Mad Cat is blending two of Havel’s once-banned plays, Audience and Protest, into what can be described as immersive-experience theater.
“We’ve turned the stage into a happening,” Mad Cat president and director Paul Tei tells New Times. “When the audience walks in, it’s as if they’re walking into an underground art event and all of a sudden, out of nowhere, they’re in the show.”
That show is two separate plays written by Havel during a time of paranoia and strife while living under a Communist regime that had deemed him a “social parasite.” Audience and Protest are part of the playwright’s Ferdinand Vanek series. Vanek is the name of a recurring character in these plays, as well as Havel’s alter ego. Inspired by Havel’s personal experiences, the plays mainly tackle the moral dilemmas of life in Czechoslovakia’s Social Republic of the 1970s and '80s. Havel’s anti-consumerism and antigovernment viewpoints are layered within as they tackle Cold War politics while mirroring the very real fears that have crept up in our current political climate.

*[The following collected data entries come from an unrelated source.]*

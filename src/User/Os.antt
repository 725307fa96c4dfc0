-- ===== src/User/Os.antt =====
-- TomatLib/tomato/os.h: a program's calls of the processes and timers, and OS.hpp, which waits for
-- events with them.
pub mod Wait
pub mod Sleep
mod Events
mod Tests
use tomat_os_old.Common.{
  ℕ, zero, suc, ◌+◌, Bool, true, false, not, if◌then◌else◌, ◌==◌, Run, done, hang, ◌>>=◌,
}
use tomat_os_old.Kernel.{
  Registers, EventType, any, char, key, key_up, timer, terminate, mouse_click, mouse_up,
  mouse_scroll, mouse_drag, Event,
}
use tomat_os_old.User.Kinds.{
  syscall_os_cancel_timer, syscall_os_process_kill, syscall_os_pull_event, syscall_os_queue_event,
  syscall_os_start_timer,
}
use tomat_os_old.User.Trap.{request, int_80}
use tomat_os_old.Boot.Isr.{RegsHandler}

-- The values of `tomato_event_kind_t`, which the library compares.
pub kind_number : EventType → ℕ
kind_number any = 0
kind_number char = 1
kind_number key = 2
kind_number key_up = 3
kind_number timer = 4
kind_number terminate = 5
kind_number mouse_click = 6
kind_number mouse_up = 7
kind_number mouse_scroll = 8
kind_number mouse_drag = 9

-- event.kind == kind
pub is_kind : EventType → Event → Bool
is_kind kind event = kind_number event.type == kind_number kind

module _ {S : Type 0} (trap : RegsHandler S) where
  pub tomato_os_start_timer : (millis : ℕ) → Registers → S → Run (ℕ × S)
  tomato_os_start_timer millis regs s =
      int_80 trap syscall_os_start_timer (record regs { ebx = millis }) s

  pub tomato_os_cancel_timer : (tid : ℕ) → Registers → S → Run S
  tomato_os_cancel_timer tid regs s =
      request trap syscall_os_cancel_timer (record regs { ebx = tid }) s

  pub tomato_os_kill : (uid : ℕ) → Registers → S → Run S
  tomato_os_kill uid regs s = request trap syscall_os_process_kill (record regs { ebx = uid }) s

  -- `event` is the address of the event.
  pub tomato_os_queue_event : (event uid : ℕ) → Registers → S → Run S
  tomato_os_queue_event event uid regs s =
      request trap syscall_os_queue_event (record regs { ebx = event; ecx = uid }) s

-- `event_at` reads an event from the memory, and `regs` are the registers of the program.
module _ {S : Type 0} (trap : RegsHandler S) (event_at : S → ℕ → Event) (regs : Registers) where
  -- *event = *ret
  pub tomato_os_pull_event : S → Run (Event × S)
  tomato_os_pull_event s =
      int_80 trap syscall_os_pull_event regs s >>= (λ (ret, s). done (event_at s ret, s))

  -- The loop of `OS::PullEventRaw`, on fuel.
  pub pull_kind : (fuel : ℕ) → EventType → S → Run (Event × S)
  pull_kind zero kind s = hang
  pull_kind (suc fuel) kind s = tomato_os_pull_event s >>= (λ (event, s).
      let rest = pull_kind fuel kind s in if is_kind kind event then done (event, s) else rest)

  -- `OS::PullEventRaw`
  pub pull_event_raw : (fuel : ℕ) → EventType → S → Run (Event × S)
  pull_event_raw fuel kind s =
      if kind_number kind == 0 then tomato_os_pull_event s else pull_kind fuel kind s

  -- `OS::PullEvent`
  pub pull_event : (fuel : ℕ) → EventType → S → Run (Event × S)
  pull_event fuel kind s = pull_event_raw fuel kind s >>= (λ (event, s).
      if is_kind terminate event
      then tomato_os_kill trap 0 regs s >>= (λ s. done (event, s))
      else done (event, s))

  -- The loop of `OS::Sleep`; both loops are on fuel, the inner one on `inner`.
  pub wait_timer : (inner outer id : ℕ) → S → Run S
  wait_timer inner zero id s = hang
  wait_timer inner (suc outer) id s = pull_event inner timer s >>= (λ (event, s).
      let again = wait_timer inner outer id s in if event.data0 == id then done s else again)

  -- `OS::StartTimer` and `OS::Sleep`, for a type `F` of numbers that C calls `float`, and the
  -- conversion of `seconds * 1000` to a uint32_t.
  module _ {F : Type 0} (to_millis : F → ℕ) where
    pub start_timer : (seconds : F) → S → Run (ℕ × S)
    start_timer seconds s = tomato_os_start_timer trap (to_millis seconds) regs s

    pub sleep : (inner outer : ℕ) → (millis : F) → S → Run S
    sleep inner outer millis s = start_timer millis s >>= (λ (id, s). wait_timer inner outer id s)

“These plays deal with things that seem like, to us, were long ago and somewhat impossible,” Tei says. “Yet now we’re suddenly dealing with the concept of having our freedoms slowly silenced.”
By presenting both plays in one setting, Mad Cat has turned Havel’s works into a sort of play within a play. Tei says they’re careful not to be too heavy-handed in the way the politics are presented. In one play, Havel’s protagonist, Vanek, is jailed for antigovernment activities, while in the other play, the character wrestles with an old friend who seems be content with siding with the oppressive regime. Both plays offer a nuanced look at resistance and injustice while shining a light on the darkness of censorship and tyranny.
“We don’t want to tell audiences what they already know,” Tei says. “We don’t want to Oliver Stone them to death. We’d rather approach it with a message of ‘Yes, there’s shit going on in the world,’ but show how it filters through us and how it makes its way into the work. Most theater tends to preach to the choir, and if you don’t present both sides, you don’t have a conversation. Theater has to start conversations.”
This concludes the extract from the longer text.